As telecoms roll out 5G across the globe, different actors such as virtual mobile network operators (VMNOs), communication service providers (CSPs), and network infrastructure providers, will all play a pivotal part in designing, implementing, and maintaining 5G networks. Unlike previous generations – where mobile operators had direct access and control over system components – 5G mobile operators are losing the full governance of security and privacy. With varying priorities for security and privacy between each of the actors, synchronizing mismatched policies will be a serious challenge in 5G networks.
With that in mind, let’s examine specific privacy challenges in 5G networks, and explore some potential security solutions. First, let’s take a trip down memory lane on the history of threats faced by mobile networks.
Past security vulnerabilities in wireless networks
From the very beginning, wireless communication systems have been prone to security vulnerabilities.
- In the early 1980s, 1G networks saw mobile phones and even wireless channels targeted for illegal cloning and masquerading.
- On early 2G networks, message spamming was commonplace, as was broadcasting unwanted marketing information.
- With 3G networks and the advent of IP-based communication, the migration of security vulnerabilities seen on desktop computers moved into the wireless domain.
- 4G networks saw the proliferation of smart devices and millions of third-party apps that led to a dynamic and complicated threat landscape.
With 5G wireless networks, over 7 trillion wireless devices serving over 7 billion people will be interconnected, ushering a new era of security threats, and a greater focus on privacy.
Privacy challenges in 5G networks
From the user’s perspective, privacy concerns center around location tracking, identity, and other personal data. 4G network technology has a wide coverage area since the signal is broadcasted from a single cellular tower. 5G networks have a much smaller coverage area and the signal cannot penetrate walls as good as 4G. Subsequently, 5G networks require many smaller antennas and base stations that are placed indoors and outdoors.
The knowledge of which cell tower or antenna a mobile user communicates with can reveal valuable information about the user’s location.

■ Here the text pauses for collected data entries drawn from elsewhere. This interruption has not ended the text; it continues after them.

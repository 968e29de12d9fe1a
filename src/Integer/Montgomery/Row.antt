-- ===== src/Integer/Montgomery/Row.antt =====
-- A row of Montgomery multiplication, and its lowest word.
use slim_data_crypt.Common.{
  ℕ, ◌+◌, ◌*◌, ◌/◌, ◌%◌, ◌^◌, ◌<◌, ◌≡◌, refl, ap, sym, ◌∙◌, List, [], ◌∷◌, length, All, arith,
  get_or, u64,
}
use slim_data_crypt.Integer.{IsWord, value, scale}
use slim_data_crypt.Integer.Products.{word_product}
use slim_data_crypt.Integer.Montgomery.{mont_row}

pub record Row (n total : ℕ) (row : List ℕ × ℕ × ℕ) : Type 0 where
  pub same_length : length row.0 ≡ n
  pub words : All IsWord row.0
  pub first : IsWord row.1
  pub second : IsWord row.2
  pub sum : value row.0 + scale n row.1 + scale n row.2 ≡ total

pub mont_row-Row :
    (ai f : ℕ) (rs bs ns : List ℕ) (r1 r2 : ℕ)
    → length rs ≡ length ns
    → length bs ≡ length ns
    → IsWord ai
    → IsWord f
    → All IsWord rs
    → All IsWord bs
    → All IsWord ns
    → IsWord r1
    → IsWord r2
    → Row
        (length ns)
        (value rs + ai * value bs + f * value ns + r1 + r2)
        (mont_row ai f rs bs ns r1 r2)
unfolding mont_row
mont_row-Row ai f [] [] [] r1 r2 d e a g p q u v w = record {
  same_length = refl;
  words = tt;
  first = v;
  second = w;
  sum = omega arith;
}
mont_row-Row ai f (r ∷ rs) bs [] r1 r2 d e a g p q u v w = absurd (omega arith)
mont_row-Row ai f [] bs (m ∷ ns) r1 r2 d e a g p q u v w = absurd (omega arith)
mont_row-Row ai f rs (b ∷ bs) [] r1 r2 d e a g p q u v w = absurd (omega arith)
mont_row-Row ai f rs [] (m ∷ ns) r1 r2 d e a g p q u v w = absurd (omega arith)
mont_row-Row ai f (r ∷ rs) (b ∷ bs) (m ∷ ns) r1 r2 d e a g p q u v w =
    let small = word_product ai b r r1 a q.0 p.0 v in
    let z1 = (r + ai * b + r1) % 2 ^ 128 in
    let whole1 : z1 ≡ r + ai * b + r1 = omega (arith, small) in
    let up1 : z1 / 2 ^ 64 < 2 ^ 64 = omega (arith, small) in
    let small2 = word_product f m (z1 % 2 ^ 64) r2 g u.0 (omega arith) w in
    let z2 = (z1 % 2 ^ 64 + f * m + r2) % 2 ^ 128 in
    let whole2 : z2 ≡ z1 % 2 ^ 64 + f * m + r2 = omega (arith, small2) in
    let up2 : z2 / 2 ^ 64 < 2 ^ 64 = omega (arith, small2) in
    let rest =
      mont_row-Row ai f rs bs ns (z1 / 2 ^ 64) (z2 / 2 ^ 64) (omega arith) (omega arith) a g p.1 q.1
        u.1 up1 up2 in
    let product1 : ai * (b + 2 ^ 64 * value bs) ≡ ai * b + 2 ^ 64 * (ai * value bs) = grind arith in
    let product2 : f * (m + 2 ^ 64 * value ns) ≡ f * m + 2 ^ 64 * (f * value ns) = grind arith in
    record {
      same_length = omega (arith, rest.same_length);
      words = (omega arith, rest.words);
      first = rest.first;
      second = rest.second;
      sum = omega (arith, rest.sum, whole1, whole2, product1, product2);
    }

cleared_parts :
    (x m ninv f j k : ℕ)
    → ninv * m + 1 ≡ 2 ^ 64 * k
    → x * ninv ≡ f + 2 ^ 64 * j
    → x + f * m + 2 ^ 64 * (j * m) ≡ 2 ^ 64 * (x * k)
cleared_parts x m ninv f j k one split =
    (let e : x + f * m + 2 ^ 64 * (j * m) ≡ (f + 2 ^ 64 * j) * m + x = grind arith in e)
    ∙ ap (λ t. t * m + x) (sym split)
    ∙ (let e : x * ninv * m + x ≡ x * (ninv * m + 1) = grind arith in e)
    ∙ ap (λ t. x * t) one
    ∙ (let e : x * (2 ^ 64 * k) ≡ 2 ^ 64 * (x * k) = grind arith in e)

-- The factor of the modulus clears the lowest word.
pub cleared :
    (x m ninv : ℕ) → (ninv * m + 1) % 2 ^ 64 ≡ 0 → (x + x * ninv % 2 ^ 64 * m) % 2 ^ 64 ≡ 0
cleared x m ninv h =
    let parts =
      cleared_parts x m ninv (x * ninv % 2 ^ 64) (x * ninv / 2 ^ 64) ((ninv * m + 1) / 2 ^ 64)
        (omega arith) (omega arith) in
    omega (arith, parts)

-- The low word of the first sum.
pub mont_row_first :
    (ai r b m ninv : ℕ) (rs bs ns : List ℕ)
    → IsWord ai
    → IsWord r
    → IsWord b
    → IsWord m
    → (ninv * m + 1) % 2 ^ 64 ≡ 0
    → let f = u64 (u64 (r + ai * b) * ninv) in
      get_or (mont_row ai f (r ∷ rs) (b ∷ bs) (m ∷ ns) 0 0).0 0 0 ≡ 0
unfolding mont_row
mont_row_first ai r b m ninv rs bs ns a p q u h =
    let x = (r + ai * b) % 2 ^ 64 in
    let f = x * ninv % 2 ^ 64 in
    let small = word_product ai b r 0 a q p (omega arith) in
    let low : (r + ai * b + 0) % 2 ^ 128 % 2 ^ 64 ≡ x = omega (arith, small) in
    let small2 = word_product f m x 0 (omega arith) u (omega arith) (omega arith) in
    let zero_word = cleared x m ninv h in rw low (omega (arith, small2, zero_word))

Each time a user connects to a 5G antenna, mobile networks can pinpoint a user’s location and can even determine what building a user is in. Threats such as semantic information attacks (the use of incorrect information to cause harm) often target the location data of users. Location data can also be leaked by access point selection algorithms in 5G mobile networks. In all, more 5G antennas allow for precise location tracking of users inside and outside.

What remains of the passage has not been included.